I started this build like a year ago, and there are some growing pains in this one. The enclosure had been sitting around and was from one of my first batches of no film, where I found out the hard way that if you trim the decal too close to the edge, it curls and doesn't adhere right. 

The volume pot is optional and wasn't original to the mutron unit, but it seemed like a good idea. The build doc says to use a 9mm or 12mm pot but despite having read the build doc, I ended up with a 16mm pot anyway and made it work because fuck it. 

This pedal is great. There are so many wacky sounds to be had, and lots and lots of unusable/unusual ones too. I wanted to throw together a quick bass clip today too but that didn't happen. 

@thewintersoldier came in clutch and hooked me up with a couple of the 1/8w resistors I somehow forgot to order and a couple odd value caps back before xmas and I still couldn't make this one happen before the end of the year. Kids are wild and this was a one wire at a time job. Quick wank of a sound clip at the bottom with a couple different sounds. I think I was just switching from HI to LO


----------



## Barry (Jan 16, 2022)

Sounds good and looks good, too!


----------



## xefned (Jan 16, 2022)

That sounds badass. Props on the sound samples!


----------



## jimilee (Jan 16, 2022)

Very kewl. I forgot I have one of these boards somewhere in a stack of others. I need to get it out and build it.


----------



## Paradox916 (Jan 16, 2022)

Looks and sound good!


----------



## Bio77 (Jan 16, 2022)

That looks awesome!  Congrats on seeing it through. This is a super fun pedal, even if its not your style, hours of fun.


----------



## Preverb (Jan 16, 2022)

I think the Mu-Tron III is considered their best envlope filter right?  I think the dead heads like it and it sounds better to me than DOD one that pedalpcb has a pcb for


----------



## fig (Jan 17, 2022)

I _thought_ I heard some funkalicious tunes coming from over here! 

The halflings are sometimes tough to pick up once left behind, so extra props there!

Great build and riffing Will!


----------



## xefned (Jan 17, 2022)

thewintersoldier said:


> The reissue dod is ota based and the original dod used an vtl5c4/2 which is suuuuper hard to find and the xvive reissue doesn't work well in the circuit. Madbean sells the vfe mini-mu which is a tweaked mutron since he discontinued the naughty fish board. Will nailed it!



I wonder if it's worth investigating the original DOD. The green DOD envelope filter was my first effect and I loved it.

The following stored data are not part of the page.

-- ===== src/Chain/Submit.antt =====
-- src/kernel/blockchain.cpp: `submitTransaction`, and the part of `submitBlock` that puts a block on
-- top of the chain. The threads that verify a block's transactions all read the same tables, so they
-- are a loop here.
pub mod Value
pub mod Pool
pub mod Tip
mod Tests
use crypto_kernel.Prelude.{
  ℕ, ◌+◌, ◌%◌, ◌≡◌, Bool, true, false, not, ◌&&◌, Option, none, some, List, [], ◌∷◌, ltb,
  if◌then◌else◌,
}
use crypto_kernel.Env.{Env}
use crypto_kernel.Mempool
use crypto_kernel.OrderedMap
use crypto_kernel.OrderedMap.{Map}
use crypto_kernel.Outcome.{Outcome, ok, ◌>>=◌}
use crypto_kernel.Types.Block.{Block}
use crypto_kernel.Types.Stored.{DbBlock, new_db_block}
use crypto_kernel.Types.Transaction.{Transaction, u64}
use crypto_kernel.Chain.{Tables, Chain, Rules, calculate_transaction_fee, output_total}
use crypto_kernel.Chain.Verify.{Verdict, verify_transaction}
use crypto_kernel.Chain.Confirm.{confirm_transaction}

-- What a call that returned a verdict says; a call that threw says nothing.
abbrev pub accepted : Outcome Verdict → Bool
accepted (ok verdict) = verdict.0
accepted _ = false

module _ (env : Env) (rules : Rules env) where
  -- `submitTransaction`
  pub submit_transaction : Transaction env → Chain env → Outcome (Chain env × Verdict)
  submit_transaction tx chain = verify_transaction env rules chain.tables tx false >>= λ verdict.
      if not verdict.0
      then ok (chain, verdict)
      else if not (rules.submits_transaction chain.tables tx)
      then ok (chain, (false, true))
      else (let inserted = Mempool.insert env tx chain.unconfirmed in
          ok (record chain { unconfirmed = inserted.0 }, (inserted.1, false)))

  -- Whether all of the block's transactions verify
  pub all_verified : Tables env → List (Transaction env) → Outcome Bool
  all_verified t [] = ok true
  all_verified t (tx ∷ txs) = verify_transaction env rules t tx false >>= λ verdict.
      all_verified t txs >>= λ rest. ok (verdict.0 && rest)

  -- `fees`, a `uint64_t`
  unfoldable pub total_fees : Tables env → ℕ → List (Transaction env) → Outcome ℕ
  total_fees t fees [] = ok fees
  total_fees t fees (tx ∷ txs) =
      calculate_transaction_fee env t tx >>= λ fee. total_fees t ((fees + fee) % u64) txs

  pub confirm_all : List (Transaction env) → ℕ → Chain env → Outcome (Chain env)
  confirm_all [] block chain = ok chain
  confirm_all (tx ∷ txs) block chain =
      confirm_transaction env tx block false chain >>= confirm_all txs block

  -- Whether one of the calls of `verifyTransaction` in a rescan throws.
  rescan_returns : Tables env → Map (Transaction env) → Outcome (Unit {0})
  rescan_returns t [] = ok tt
  rescan_returns t (e ∷ txs) =
      verify_transaction env rules t e.1 false >>= λ verdict. rescan_returns t txs

  -- `rescanMempool(dbTx, this)`
  pub rescan : Chain env → Outcome (Chain env)
  unfolding rescan_returns
  rescan chain = rescan_returns chain.tables chain.unconfirmed.txs >>= λ done. ok (record chain {
    unconfirmed =
        Mempool.rescan_mempool env
          (λ tx. accepted (verify_transaction env rules chain.tables tx false)) chain.unconfirmed;
  })

  -- The block becomes the tip.
  pub store_tip : Block env → DbBlock env → ℕ → Tables env → Tables env
  store_tip block stored height t = record t {
    candidates = OrderedMap.erase block.id t.candidates;
    tip = some stored;
    heights = OrderedMap.assign height block.id t.heights;
    blocks = OrderedMap.assign block.id stored t.blocks;
  }

  -- The transactions are confirmed, the coinbase first, and the block is stored.
  pub confirm_block : Block env → ℕ → Chain env → Outcome (Chain env)
  unfolding confirm_all store_tip rescan
  confirm_block block height chain =
      confirm_transaction env block.fields.coinbase_tx block.id true chain >>= λ c1.
      confirm_all block.fields.transactions block.id c1 >>= λ c2.
      new_db_block env block height >>= λ stored.
      rescan (record c2 { tables = store_tip block stored height c2.tables })

  -- The checks of the fees and the coinbase
  unfoldable pub check_coinbase : Block env → ℕ → Tables env → Outcome Bool
  unfolding total_fees
  check_coinbase block height t = total_fees t 0 block.fields.transactions >>= λ fees.
      verify_transaction env rules t block.fields.coinbase_tx true >>= λ verdict. ok (
        verdict.0
        && not (
            ltb ((fees + rules.block_reward height) % u64)
              (output_total env 0 block.fields.coinbase_tx.outputs)))

  -- What `submitBlock` does if not `onlySave`, for a block that is to stand at `height`
  unfoldable pub extend_chain : Block env → ℕ → Chain env → Outcome (Chain env × Verdict)
  unfolding all_verified check_coinbase confirm_block
  extend_chain block height chain =
      all_verified chain.tables block.fields.transactions >>= λ verified.
      if not verified
      then ok (chain, (false, true))
      else (check_coinbase block height chain.tables >>= λ fair.
          if not fair
          then ok (chain, (false, true))
          else if not (rules.submits_block chain.tables block)
          then ok (chain, (false, true))
          else (confirm_block block height chain >>= λ chain'. ok (chain', (true, false))))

Having already built the FX25 (from the Madbean Flunkee PCB) do you think it's worth attempting the original vactrol-based 440 version of the DOD?


----------



## xefned (Jan 17, 2022)

I'm pretty sure I have original vtl5c4/2s from building the 440 a long time ago. 

It was an early effect for me. One of those ones that worked when originally boxed in a tin can, but then trying to rebox it with a footswitch and proper DC jack I screwed something up and it ended up in my junk pile. I don't even know where the PCB layout came from. I think I took the General Guitar Gadgets one and straightened the tracks in photoshop before etching.

I guess I might as well try one eh? I can read opinions on TGP, but I won't know for sure unless I try.


----------



## Harry Klippton (Jan 17, 2022)

Once Madbean discontinued the naughty fish, I picked up the mini mu board too. Eventually I can compare them


----------



## xefned (Jan 17, 2022)

Harry Klippton said:


> Once Madbean discontinued the naughty fish, I picked up the mini mu board too. Eventually I can compare them



I'll be interested in hearing if the Naughty Fish is noticeably better.


----------



## Harry Klippton (Jan 18, 2022)

Short bass clip:


----------



## Betty Wont (Jan 18, 2022)

I have compared them and the mini mu wins every category. Smaller form, more stability, better response, more range, more headroom.


----------



## xefned (Jan 18, 2022)

Harry Klippton said:


> Short bass clip …


That makes me wanna go hump something. Nicely done.


----------



## xefned (Jan 18, 2022)

Betty Wont said:


> I have compared them and the mini mu wins every category. Smaller form, more stability, better response, more range, more headroom.









Oh no, the _good fun_ is leaking out into the civilized world!


----------



## Preverb (Jan 19, 2022)

Betty Wont said:


> I have compared them and the mini mu wins every category. Smaller form, more stability, better response, more range, more headroom.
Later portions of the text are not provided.